Riverside Indonesian Fellowship
Published by Stanley Pouw in 2019 · 3 November 2019

Let us talk about the doctrine of divine redemption. If you read Psalm 19, the final statement of Psalm 19 is, “O Lord, our rock and our Redeemer.” Many places in the Psalms, God is referred to as Redeemer. Psalm 78:35 calls Him the high God who is Israel’s rock and Redeemer. It was Job who, in the midst of his horrific situation, said, “I know that my Redeemer lives.”
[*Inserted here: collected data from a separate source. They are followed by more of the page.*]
-- ===== src/Rudp/Process/Served.antt =====
-- RProcess.h: every message keeps the packets those of one file.
use cprogramming.Prelude.{
  ℕ, bit_or, ◌+◌, ◌*◌, ◌≡◌, refl, sym, ◌∙◌, ap, subst, arith, inl, inr, true, false, Option, none,
  some, List, [], ◌∷◌, length, overlay, Bool-cases, ◌==◌, ==→≡,
}
use cprogramming.Rudp.Hdr.{
  RHdr, msg_siz, ack_flag, dat_flag, fin_flag, chk_flag, enc_flag, r_version, flag_set, flag_check,
}
use cprogramming.Rudp.Queue.{u16, empty_buf, rhead_peak, RState, curr}
use cprogramming.Rudp.Process.{
  Files, FilesLaws, fname_of, on_last, append_packet, data_packet, fin_packet, get_from, serve_get,
  next_packet, next_from, next_asked, serve_next, end_packet, serve_end, answer_later, is_fin,
}
use cprogramming.Rudp.Process.Packets.{
  block, IsPacket, AllPackets, Serving, Serves, append_number, add_chksum-IsPacket, snd_pkt-Serves,
  invalid_nak-Serves,
}

-- A header that rhead_append has just made, with the number of packet `k`.
abbrev IsFresh : ℕ → RHdr → Type 0
IsFresh k e = (e.seqn ≡ u16 (k + 1)) × (e.flgv ≡ r_version) × (e.msg ≡ empty_buf)

length-zero : (bytes : List ℕ) → length bytes ≡ 0 → bytes ≡ []
length-zero [] h = refl
length-zero (b ∷ bytes) h = absurd (omega arith)

module _ (file : List ℕ) (k : ℕ) (e : RHdr) (fresh : IsFresh k e) where
  data_packet-IsPacket :
      (bytes : List ℕ) → bytes ≡ block file (u16 k) → IsPacket file k (data_packet bytes e)
  unfolding data_packet flag_set
  data_packet-IsPacket bytes b = (
    fresh.0,
    inl (
      inl (ap (λ g. bit_or g dat_flag) fresh.1),
      ap (λ m. overlay bytes m) fresh.2 ∙ ap (λ b. overlay b empty_buf) b,
    ),
  )

  fin_packet-IsPacket : block file (u16 k) ≡ [] → IsPacket file k (fin_packet e)
  unfolding fin_packet flag_set
  fin_packet-IsPacket b = (fresh.0, inr (inl (inl refl, b, fresh.2)))

  end_packet-IsPacket :
      (s : RState) (h : RHdr)
      → flag_check h (ack_flag + fin_flag) ≡ true
      → IsPacket file k (end_packet s h e)
  unfolding end_packet
  end_packet-IsPacket s h c =
      rw (other_chk, other_enc)
        (elim (Bool-cases s.chksum) [
          | inl on ↦ rw on (add_chksum-IsPacket file k _ plain)
          | inr off ↦ rw off plain
        ])
    where
      other_chk : flag_check h chk_flag ≡ false
      other_chk = unfold flag_check in ground arith

      other_enc : flag_check h enc_flag ≡ false
      other_enc = unfold flag_check in ground arith

      plain : IsPacket file k (record (flag_set (flag_set e ack_flag) fin_flag) { ackn = s.seq })
      plain =
          unfold flag_set in
          (
            fresh.0,
            inr (inr (inl (ap (λ g. bit_or (bit_or g ack_flag) fin_flag) fresh.1), fresh.2)),
          )

module _ (fs : Files) (laws : FilesLaws fs) where
  -- A packet of the file behind the others
  append_packet-Serving :
      (s : RState) (request : Option RHdr) (r : RHdr) (f : fs.File) (g : RHdr → RHdr)
      → request ≡ some r
      → fs.fopen (fname_of r.msg) ≡ some f
      → AllPackets (laws.contents f) s.mys
      → s.ack ≡ u16 (length s.mys)
      → ((e : RHdr) → IsFresh (length s.mys) e → IsPacket (laws.contents f) (length s.mys) (g e))
      → Serves fs laws (record (append_packet g s) { request = request })
  unfolding append_packet
  append_packet-Serving s request r f g e o all n made =
      let (fresh, same, number, flags, msg) = append_number (laws.contents f) s.mys all in
      subst (λ q. Serving fs laws request (u16 (s.ack + 1)) (on_last g q)) (sym same)
        (r, f, e, o, (made fresh (number, flags, msg), all), omega arith)

  nothing_sent :
      (request : Option RHdr) (ack : ℕ) (q : List RHdr)
      → rhead_peak q ≡ none
      → Serving fs laws request ack q
      → (q ≡ []) × (ack ≡ 0)
  unfolding rhead_peak
  nothing_sent request ack [] first p = (refl, p)
  nothing_sent request ack (h ∷ q) first p = cc

  get_from-Serves :
      (s : RState) (h : RHdr) (o : Option fs.File)
      → fs.fopen (fname_of h.msg) ≡ o
      → s.mys ≡ []
      → s.ack ≡ 0
      → Serves fs laws s
      → Serves fs laws (get_from fs s h o).0
  unfolding get_from
  get_from-Serves s h none e empty zero p = p
  get_from-Serves s h (some f) e empty zero p = snd_pkt-Serves fs laws _ (
      append_packet-Serving s (some h) h f (data_packet bytes) refl e
        (subst (λ q. AllPackets (laws.contents f) q) (sym empty) tt)
        (subst (λ q. s.ack ≡ u16 (length q)) (sym empty) zero)
        (λ fresh is. data_packet-IsPacket (laws.contents f) (length s.mys) fresh is bytes first))
    where
      bytes : List ℕ
      bytes = fs.fread f msg_siz

      first : bytes ≡ block (laws.contents f) (u16 (length s.mys))
      first =
          subst (λ q. bytes ≡ block (laws.contents f) (u16 (length q))) (sym empty)
            (laws.fread-fopen (fname_of h.msg) f msg_siz e)

  pub serve_get-Serves :
      (s : RState) (h : RHdr)
      → curr s ≡ none
      → Serves fs laws s
      → Serves fs laws (serve_get fs s h).0
  unfolding serve_get
  serve_get-Serves s h first p =
      let (empty, zero) = nothing_sent s.request s.ack s.mys first p in
      elim (Bool-cases (fs.stat (fname_of h.msg))) [
        | inr missing ↦ rw missing p
        | inl there ↦ rw there (get_from-Serves s h (fs.fopen (fname_of h.msg)) refl empty zero p)
      ]

  -- The packet behind packet `k - 1`, the file being at block `k`
  next_packet-IsPacket :
      (f : fs.File) (k n : ℕ) (e : RHdr)
      → IsFresh k e
      → n ≡ u16 k
      → IsPacket (laws.contents f) k (next_packet fs (fs.fseek f (n * msg_siz)) e)
  unfolding next_packet
  next_packet-IsPacket f k n e fresh at =
      rw (laws.feof-fseek f (n * msg_siz)) (elim (Bool-cases (length bytes == 0)) [
        | inl nothing ↦ rw nothing (
            fin_packet-IsPacket (laws.contents f) k e fresh
              (sym read ∙ length-zero bytes (==→≡ _ _ nothing)))
        | inr something ↦ rw something (data_packet-IsPacket (laws.contents f) k e fresh bytes read)
      ])
    where
      bytes : List ℕ
      bytes = fs.fread (fs.fseek f (n * msg_siz)) msg_siz

      read : bytes ≡ block (laws.contents f) (u16 k)
      read = laws.fread-fseek f (n * msg_siz) msg_siz ∙ ap (λ i. block (laws.contents f) i) at

  next_from-Serves :
      (s : RState) (r : RHdr) (f : fs.File) (o : Option fs.File)
      → s.request ≡ some r
      → fs.fopen (fname_of r.msg) ≡ some f
      → fs.fopen (fname_of r.msg) ≡ o
      → AllPackets (laws.contents f) s.mys
      → s.ack ≡ u16 (length s.mys)
      → Serves fs laws s
      → Serves fs laws (next_from fs s o).0
  unfolding next_from append_packet
  next_from-Serves s r f none asked opens is all n p = p
  next_from-Serves s r f (some g) asked opens is all n p =
      let packet = next_packet fs (fs.fseek g (s.ack * msg_siz)) in
      snd_pkt-Serves fs laws (append_packet packet s) (
        append_packet-Serving s s.request r g packet asked is
          (subst (λ (o : fs.File). AllPackets (laws.contents o) s.mys) same all) n
          (λ e fresh. next_packet-IsPacket g (length s.mys) s.ack e fresh n))
    where
      same : f ≡ g
      same = cc

  -- The file that the packets are from, once there is one.
  pub something_sent :
      (request : Option RHdr) (ack : ℕ) (q : List RHdr) {last : RHdr}
      → rhead_peak q ≡ some last
      → Serving fs laws request ack q
      → (r : RHdr) × (f : fs.File) × (request ≡ some r)
        × (fs.fopen (fname_of r.msg) ≡ some f)
        × AllPackets (laws.contents f) q
        × (ack ≡ u16 (length q))
  unfolding rhead_peak
  something_sent request ack [] sent p = cc
  something_sent request ack (h ∷ q) sent p = p

  serve_next-Serves :
      (s : RState) (r : RHdr) {last : RHdr}
      → curr s ≡ some last
      → s.request ≡ some r
      → Serves fs laws s
      → Serves fs laws (serve_next fs s r).0
  unfolding serve_next
  serve_next-Serves s r sent asked p = elim (Bool-cases (fs.stat (fname_of r.msg))) [
    | inr missing ↦ rw missing p
    | inl there ↦
        let (r', f, asked', opens, all, n) = something_sent s.request s.ack s.mys sent p in
        let same : r' ≡ r = cc in
        rw there (
          next_from-Serves s r f (fs.fopen (fname_of r.msg)) asked
            (subst (λ (t : RHdr). fs.fopen (fname_of t.msg) ≡ some f) same opens) refl all n p)
  ]

  serve_end-Serves :
      (s : RState) (h : RHdr) {last : RHdr}
      → curr s ≡ some last
      → flag_check h (ack_flag + fin_flag) ≡ true
      → Serves fs laws s
      → Serves fs laws (serve_end s h).0
  unfolding serve_end append_packet
  serve_end-Serves s h sent ends p =
      let (r, f, asked, opens, all, n) = something_sent s.request s.ack s.mys sent p in
      append_packet-Serving s s.request r f (end_packet s h) asked opens all n
        (λ e fresh. end_packet-IsPacket (laws.contents f) (length s.mys) e fresh s h ends)

  next_asked-Serves :
      (s : RState) (request : Option RHdr) {last : RHdr}
      → curr s ≡ some last
      → s.request ≡ request
      → Serves fs laws s
      → Serves fs laws (next_asked fs s request).0
  unfolding next_asked
  next_asked-Serves s none sent asked p = p
  next_asked-Serves s (some r) sent asked p = serve_next-Serves s r sent asked p

  pub answer_later-Serves :
      (s : RState) (last h : RHdr)
      → curr s ≡ some last
      → Serves fs laws s
      → Serves fs laws (answer_later fs s last h).0
  unfolding answer_later
  answer_later-Serves s last h sent p = elim (Bool-cases (flag_check h (ack_flag + dat_flag))) [
    | inl next ↦ rw next (next_asked-Serves s s.request sent refl p)
    | inr other ↦ rw other (elim (Bool-cases (flag_check h (ack_flag + fin_flag))) [
      | inr neither ↦ rw neither (invalid_nak-Serves fs laws s h p)
      | inl ends ↦ elim (Bool-cases (is_fin last)) [
        | inr early ↦ rw (ends, early) (invalid_nak-Serves fs laws s h p)
        | inl now ↦ rw (ends, now) (serve_end-Serves s h sent ends p)
      ]
    ])
  ]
Even at the end of Luke, redemption comes back as a very important theme. The apostle Paul wrote of our God and Savior Christ Jesus who gave Himself for us that He might redeem us. Peter said we were not redeemed with silver and gold and precious stones but with the precious blood of Jesus Christ, the spotless Lamb. And in Revelation 5, we find around the throne of God all the saints singing a new song of redemption.

So the doctrine of redemption is at the heart of what salvation really is. We started with the perseverance of the saints; which means that if you’re saved, it is forever. And our eternal salvation is predicated upon eternal election, the sovereign choice of God in eternity past. We saw that sovereign election and irresistible grace are necessary for salvation because of man’s total depravity.

In other words, man is absolute unable to save himself or make any contribution to his own salvation. We saw, then, that if God had predetermined who He would save, if God had chosen to awaken certain sinners to salvation, it was for them that He provided, in fact, an actual atonement so that Jesus really died to pay in full the price for the sins of those who would believe.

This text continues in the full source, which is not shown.